Given information Start Marker
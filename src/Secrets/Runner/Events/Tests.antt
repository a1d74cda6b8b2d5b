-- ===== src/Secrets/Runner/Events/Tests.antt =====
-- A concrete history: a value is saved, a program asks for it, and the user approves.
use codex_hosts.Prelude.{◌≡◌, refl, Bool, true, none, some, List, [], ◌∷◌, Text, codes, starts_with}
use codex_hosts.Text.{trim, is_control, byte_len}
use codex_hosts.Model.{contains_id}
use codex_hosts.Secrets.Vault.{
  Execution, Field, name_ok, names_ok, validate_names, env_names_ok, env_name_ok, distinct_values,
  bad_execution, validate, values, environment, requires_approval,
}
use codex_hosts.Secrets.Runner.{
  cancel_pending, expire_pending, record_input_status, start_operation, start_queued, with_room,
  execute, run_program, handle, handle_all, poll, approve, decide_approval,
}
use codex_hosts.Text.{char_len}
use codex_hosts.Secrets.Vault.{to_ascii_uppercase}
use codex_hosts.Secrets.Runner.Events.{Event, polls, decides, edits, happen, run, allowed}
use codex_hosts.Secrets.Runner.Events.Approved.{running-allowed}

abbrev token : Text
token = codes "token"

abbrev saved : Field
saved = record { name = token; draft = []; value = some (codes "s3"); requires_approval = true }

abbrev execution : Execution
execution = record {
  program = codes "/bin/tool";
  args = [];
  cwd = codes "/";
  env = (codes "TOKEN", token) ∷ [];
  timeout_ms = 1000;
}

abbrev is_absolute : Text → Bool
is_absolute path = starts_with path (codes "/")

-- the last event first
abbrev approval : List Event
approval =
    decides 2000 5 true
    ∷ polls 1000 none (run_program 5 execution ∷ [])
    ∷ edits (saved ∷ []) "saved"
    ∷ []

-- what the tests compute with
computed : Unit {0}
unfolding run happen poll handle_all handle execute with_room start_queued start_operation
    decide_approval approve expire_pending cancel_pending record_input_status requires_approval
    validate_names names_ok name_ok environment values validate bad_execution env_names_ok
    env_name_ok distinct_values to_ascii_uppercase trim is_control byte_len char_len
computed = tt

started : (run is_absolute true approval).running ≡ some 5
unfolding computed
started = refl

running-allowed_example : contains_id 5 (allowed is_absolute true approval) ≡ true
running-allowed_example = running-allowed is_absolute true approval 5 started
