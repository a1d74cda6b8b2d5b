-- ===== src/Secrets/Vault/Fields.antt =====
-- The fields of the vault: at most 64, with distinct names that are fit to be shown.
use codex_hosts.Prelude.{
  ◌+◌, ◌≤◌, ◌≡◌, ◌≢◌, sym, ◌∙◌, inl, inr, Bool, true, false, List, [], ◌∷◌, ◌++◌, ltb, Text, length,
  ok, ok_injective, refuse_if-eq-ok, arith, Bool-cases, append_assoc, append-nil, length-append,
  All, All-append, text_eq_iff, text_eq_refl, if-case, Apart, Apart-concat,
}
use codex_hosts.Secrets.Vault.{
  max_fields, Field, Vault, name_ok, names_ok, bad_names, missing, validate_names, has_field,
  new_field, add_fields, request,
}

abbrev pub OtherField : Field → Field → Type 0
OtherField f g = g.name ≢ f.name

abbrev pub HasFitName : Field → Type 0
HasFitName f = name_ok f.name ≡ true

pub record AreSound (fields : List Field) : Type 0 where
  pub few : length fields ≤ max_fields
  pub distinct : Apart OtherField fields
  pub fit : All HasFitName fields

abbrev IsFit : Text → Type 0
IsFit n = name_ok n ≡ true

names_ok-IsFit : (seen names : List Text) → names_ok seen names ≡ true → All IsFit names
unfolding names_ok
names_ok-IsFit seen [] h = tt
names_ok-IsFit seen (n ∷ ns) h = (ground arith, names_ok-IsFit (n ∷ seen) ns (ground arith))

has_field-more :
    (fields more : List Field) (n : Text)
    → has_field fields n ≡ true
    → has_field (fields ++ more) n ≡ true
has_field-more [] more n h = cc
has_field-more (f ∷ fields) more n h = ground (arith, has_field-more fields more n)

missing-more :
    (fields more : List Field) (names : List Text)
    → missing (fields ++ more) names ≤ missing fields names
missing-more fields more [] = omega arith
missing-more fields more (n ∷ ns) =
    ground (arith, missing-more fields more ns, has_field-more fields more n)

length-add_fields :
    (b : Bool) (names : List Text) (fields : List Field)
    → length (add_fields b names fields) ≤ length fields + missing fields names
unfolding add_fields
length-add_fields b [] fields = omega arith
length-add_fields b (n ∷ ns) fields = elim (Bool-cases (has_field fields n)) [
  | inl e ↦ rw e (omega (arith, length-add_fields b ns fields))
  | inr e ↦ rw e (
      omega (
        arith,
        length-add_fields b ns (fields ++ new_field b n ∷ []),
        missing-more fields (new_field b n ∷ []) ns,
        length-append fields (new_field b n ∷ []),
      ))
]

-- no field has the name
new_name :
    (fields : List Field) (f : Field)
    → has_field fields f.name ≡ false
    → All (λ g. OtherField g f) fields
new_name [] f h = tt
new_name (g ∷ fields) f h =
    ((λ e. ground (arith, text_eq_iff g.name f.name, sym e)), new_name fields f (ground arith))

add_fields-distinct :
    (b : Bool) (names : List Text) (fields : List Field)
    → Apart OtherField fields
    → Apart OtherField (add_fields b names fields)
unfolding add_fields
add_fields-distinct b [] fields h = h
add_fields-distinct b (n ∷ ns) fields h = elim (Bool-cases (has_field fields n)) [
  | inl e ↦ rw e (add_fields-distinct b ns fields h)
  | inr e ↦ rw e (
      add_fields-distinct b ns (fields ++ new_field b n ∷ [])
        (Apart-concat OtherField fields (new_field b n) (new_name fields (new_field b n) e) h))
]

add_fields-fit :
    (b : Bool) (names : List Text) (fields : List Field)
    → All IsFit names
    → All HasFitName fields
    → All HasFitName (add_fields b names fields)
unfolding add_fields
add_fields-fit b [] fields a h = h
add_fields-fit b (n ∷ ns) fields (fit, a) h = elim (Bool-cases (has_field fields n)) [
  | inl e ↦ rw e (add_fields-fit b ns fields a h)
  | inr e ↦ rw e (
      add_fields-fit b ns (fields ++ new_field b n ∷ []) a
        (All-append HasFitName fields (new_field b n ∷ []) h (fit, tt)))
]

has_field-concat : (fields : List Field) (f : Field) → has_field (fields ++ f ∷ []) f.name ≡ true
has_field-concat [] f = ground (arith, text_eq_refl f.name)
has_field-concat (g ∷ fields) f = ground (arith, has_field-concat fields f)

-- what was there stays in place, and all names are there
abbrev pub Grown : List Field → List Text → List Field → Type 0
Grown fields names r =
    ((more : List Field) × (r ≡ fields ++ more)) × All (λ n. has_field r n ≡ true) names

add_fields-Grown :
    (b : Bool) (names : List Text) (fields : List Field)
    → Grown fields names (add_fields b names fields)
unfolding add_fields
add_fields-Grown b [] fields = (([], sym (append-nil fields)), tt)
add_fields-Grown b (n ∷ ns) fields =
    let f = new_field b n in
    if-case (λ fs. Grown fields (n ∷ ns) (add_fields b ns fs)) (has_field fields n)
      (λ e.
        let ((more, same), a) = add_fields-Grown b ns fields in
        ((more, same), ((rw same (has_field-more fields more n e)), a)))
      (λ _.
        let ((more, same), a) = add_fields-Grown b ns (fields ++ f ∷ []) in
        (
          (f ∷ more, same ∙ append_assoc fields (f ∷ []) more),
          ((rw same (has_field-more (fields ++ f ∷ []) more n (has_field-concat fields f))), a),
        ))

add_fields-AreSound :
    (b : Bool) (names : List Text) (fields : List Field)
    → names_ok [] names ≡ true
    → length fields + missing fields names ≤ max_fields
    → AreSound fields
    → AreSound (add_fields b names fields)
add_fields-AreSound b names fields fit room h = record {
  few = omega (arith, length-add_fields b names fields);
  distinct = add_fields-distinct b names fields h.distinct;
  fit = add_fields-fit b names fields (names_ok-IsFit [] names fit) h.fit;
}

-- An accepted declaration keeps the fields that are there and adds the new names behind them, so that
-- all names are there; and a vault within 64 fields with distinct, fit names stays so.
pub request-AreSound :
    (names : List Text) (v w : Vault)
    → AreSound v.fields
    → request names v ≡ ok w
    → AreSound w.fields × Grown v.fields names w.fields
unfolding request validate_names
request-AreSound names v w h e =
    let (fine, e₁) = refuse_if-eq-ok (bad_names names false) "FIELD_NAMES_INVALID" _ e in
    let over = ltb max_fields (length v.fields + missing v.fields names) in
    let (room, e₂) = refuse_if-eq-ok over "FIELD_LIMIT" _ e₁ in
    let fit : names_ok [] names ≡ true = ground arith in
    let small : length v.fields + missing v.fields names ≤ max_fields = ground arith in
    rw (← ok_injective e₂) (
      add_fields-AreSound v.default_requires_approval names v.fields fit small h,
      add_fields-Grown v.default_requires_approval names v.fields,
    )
Given information End Marker
Problem description: Filter the records down to the lines containing the word "small", and copy those.

Result:
    let small : length v.fields + missing v.fields names ≤ max_fields = ground arith in
      add_fields-AreSound v.default_requires_approval names v.fields fit small h,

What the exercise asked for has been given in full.